What I'm about to say will probably strike you as completely counter-intuitive, but here it is:
If you want to get your colleagues to start using technology, set up an area where only teachers and other staff -- no students -- are allowed to enter.
Reasons for setting up a staff-only area
There are several good reasons to do this:
You need to make the technology accessible
I've also covered this in the articles about removing the barriers to entry, reasons your ed tech facilities are being underused and reviewing your equipment loans procedure, but there is another aspect, which is more psychological than anything else. By setting up a staff-only technology-rich area, you're saying to the staff, in effect, that you consider them to be so important that they don't have to vie with students for the use of these facilities.
Staff can work in privacy
I worked with one school in which staff who wanted to use a computer had to work on one in the school library, in the company of students. Hardly any wonder, then, that no teacher was ever to be seen there. How can you write a report on a student when there's the possibility of students seeing what you're writing?
Teachers can request help in private
Everyone has to start somewhere, but most teachers would feel embarrassed at having to ask for assistance in front of students, or of making what they regard as a silly mistake and getting into a panic, in public as it were. Having a staff-only area removes that source of fear.
You can showcase the technology
You don't have to have only computers in the staff-only area. Ideally, have other equipment such as a digital camera, a pocket camcorder, a voice recorder, an electronic whiteboard, a visualiser, a "voting system" and anything else you can think of which might get people excited about possibilities.
Features of the staff-only area
So what should your staff-only area be like? Here are some ideas, based on what has worked in my own experience.
It should be a drop-in centre
Any teacher should be able to trot along to the room whenever they feel like it. The easiest thing to do is to make the key available from the school office.
Only the best is good enough
Your natural inclination is, no doubt, to put any new equipment in student areas, and "recycle" older equipment by putting it in the staffroom. However, if you want to encourage teachers to use technology in their lessons, you need to give them (exclusive) aspect to the best, the newest, the brightest.
Apart from the psychological aspect (see above), this approach is also a way of helping to ensure that the equipment is reliable, at the very least.
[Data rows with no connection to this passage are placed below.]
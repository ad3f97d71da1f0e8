-- ===== src/Listing.antt =====
-- src/cpmfs.c, `cpmReaddir`: one entry of the directory listing, from the position of the open
-- directory.
pub mod Next
use cpmtools.Base.{
  ℕ, zero, suc, ◌+◌, ◌-◌, Bool, true, false, not, List, [], ◌∷◌, Option, none, some, ◌==◌, ltb,
  if◌then◌else◌, length, get_elem?,
}
use cpmtools.Entry.{Entry}
use cpmtools.Super.{Drive, Result, ok, err, not_a_directory}
use cpmtools.Inode.{Inode}
use cpmtools.File.{is_dir}
use cpmtools.Name.{print_name}
use cpmtools.Lookup.{is_listed}

-- `struct cpmDirent`
pub record Dirent : Type 0 where
  pub ino : ℕ
  pub reclen : ℕ
  pub name : List ℕ
  pub off : ℕ

abbrev pub reserved_entries : ℕ
reserved_entries = 4

abbrev pub reserved_inodes : ℕ
reserved_inodes = 3

-- `[passwd]` and `[label]`
abbrev pub passwd_name : List ℕ
passwd_name = b'[' ∷ b'p' ∷ b'a' ∷ b's' ∷ b's' ∷ b'w' ∷ b'd' ∷ b']' ∷ []

abbrev pub label_name : List ℕ
label_name = b'[' ∷ b'l' ∷ b'a' ∷ b'b' ∷ b'e' ∷ b'l' ∷ b']' ∷ []

-- the characters before a byte 0, as `strcpy` takes them
unfoldable pub c_string : List ℕ → List ℕ
c_string [] = []
c_string (c ∷ cs) = if c == 0 then [] else c ∷ c_string cs

-- The record that `cpmReaddir` fills in.
abbrev pub dirent : ℕ → List ℕ → ℕ → Dirent
dirent ino name pos = record { ino = ino; reclen = length name; name = c_string name; off = pos }

-- The entry listed at a position, if there is one: the four reserved ones, then those of the
-- directory.
unfoldable pub dirent_at : Drive → ℕ → Option Dirent
dirent_at d pos =
    if pos == 0
    then some (dirent d.maxdir (b'.' ∷ []) pos)
    else if pos == 1
    then some (dirent d.maxdir (b'.' ∷ b'.' ∷ []) pos)
    else if pos == 2
    then (if length d.passwd == 0 then none else some (dirent (d.maxdir + 1) passwd_name pos))
    else if pos == 3
    then (if length d.label == 0 then none else some (dirent (d.maxdir + 2) label_name pos))
    else (elim (get_elem? d.dir (pos - reserved_entries)) [
      | none ↦ none
      | some cur ↦
          if is_listed d (pos - reserved_entries) cur
          then some (dirent (pos - reserved_inodes) (print_name d.uppercase cur) pos)
          else none
    ])

-- The loop `while (1)` of `cpmReaddir`: the entry, `none` at the end of the directory, and the new
-- position. As many rounds as there are positions left are fuel enough.
unfoldable pub readdir_from : ℕ → Drive → ℕ → Option Dirent × ℕ
readdir_from zero d pos = (none, pos)
readdir_from (suc fuel) d pos =
    if ltb pos (d.maxdir + reserved_entries)
    then (elim (dirent_at d pos) [
      | some ent ↦ (some ent, suc pos)
      | none ↦ readdir_from fuel d (suc pos)
    ])
    else (none, pos)

-- `cpmReaddir`
unfoldable pub readdir : Drive → Inode → ℕ → Result (Option Dirent) × ℕ
unfolding readdir_from dirent_at
readdir d dir pos =
    if not (is_dir dir.mode)
    then (err not_a_directory, pos)
    else let r = readdir_from (d.maxdir + reserved_entries - pos) d pos in (ok r.0, r.1)
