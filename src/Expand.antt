-- ===== src/Expand.antt =====
-- src/cpmfs.c: `cpmOpendir`, and `cpmglob`, which expands file name patterns over the directory.
pub mod Names
use cpmtools.Base.{ℕ, zero, suc, ◌+◌, List, [], ◌∷◌, ◌++◌, Option, none, some, if◌then◌else◌, not}
use cpmtools.Super.{Drive, Result, ok, err, no_such_file}
use cpmtools.Inode.{Inode}
use cpmtools.File.{is_dir}
use cpmtools.Glob.{match}
use cpmtools.Listing.{Dirent, reserved_entries, readdir}

-- `cpmOpendir`: the position of the open directory.
unfoldable pub opendir : Inode → Result ℕ
opendir dir = if not (is_dir dir.mode) then err no_such_file else ok 0

-- a further entry in front of the rest of the loop
abbrev pub with_dirent : Dirent → Option (List Dirent) → Option (List Dirent)
with_dirent e none = none
with_dirent e (some es) = some (e ∷ es)

-- What the loop makes of a call of `cpmReaddir`. An error is not 0, so the loop goes on without end.
pub go_on : (ℕ → Option (List Dirent)) → Result (Option Dirent) × ℕ → Option (List Dirent)
go_on rest (err why, pos) = none
go_on rest (ok none, pos) = some []
go_on rest (ok (some e), pos) = with_dirent e (rest pos)

-- `while (cpmReaddir(&dir, &dirent[entries]))`, from a position on; `none` if the rounds run out
pub dirents_from : ℕ → Drive → Inode → ℕ → Option (List Dirent)
dirents_from zero d dir pos = none
dirents_from (suc rounds) d dir pos = go_on (dirents_from rounds d dir) (readdir d dir pos)

-- the loop over the entries, for one pattern
pub matching : List ℕ → List Dirent → List (List ℕ)
matching pattern [] = []
matching pattern (e ∷ es) =
    if match e.name pattern then e.name ∷ matching pattern es else matching pattern es

-- the loop over the patterns
pub expand : List Dirent → List (List ℕ) → List (List ℕ)
expand es [] = []
expand es (pattern ∷ patterns) = matching pattern es ++ expand es patterns

-- `cpmglob`, which leaves the result of `cpmOpendir` aside. Each round of the loop moves the position
-- on, so a round for each position and one for the end are enough.
unfoldable pub glob : Drive → Inode → List (List ℕ) → Option (List (List ℕ))
unfolding dirents_from go_on expand matching
glob d root patterns = elim (dirents_from (d.maxdir + reserved_entries + 1) d root 0) [
  | none ↦ none
  | some es ↦ some (expand es patterns)
]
You're also maximising the chances of staff being able to use more advanced features, faster, and with better quality results.
Think of yourself as a car salesperson: would you arrange a test drive using some old banger, or the latest model, in pristine condition?
It should be away from the staffroom
The staffroom is a place where you can be constantly interrupted. If possible, use a completely different room. It pays to look around. In my last school, I discovered a music practice room which was being used to store half-a-dozen music stands. You don't need a whole room for that. I went to see the Principal and, to the protests of the Head of Music, I acquired the room, which I set up as a staff-only area.
I installed 6 computers, a laser printer and a colour inkjet printer (these days I'd install a colour laser and possibly a 3D printer too).
Within a week, literally, the room was in constant use.
It was yet one more factor which contributed to the fact that within a couple of terms the use of ICT across the curriculum went from virtually nothing to almost constant. Let me put it this way (bearing in mind that in those days laptops and software was expensive): we had to convert a further two classrooms to computer labs, bringing the total to five, over the course of 18 months.
I like to think that setting up a staff-only area helped.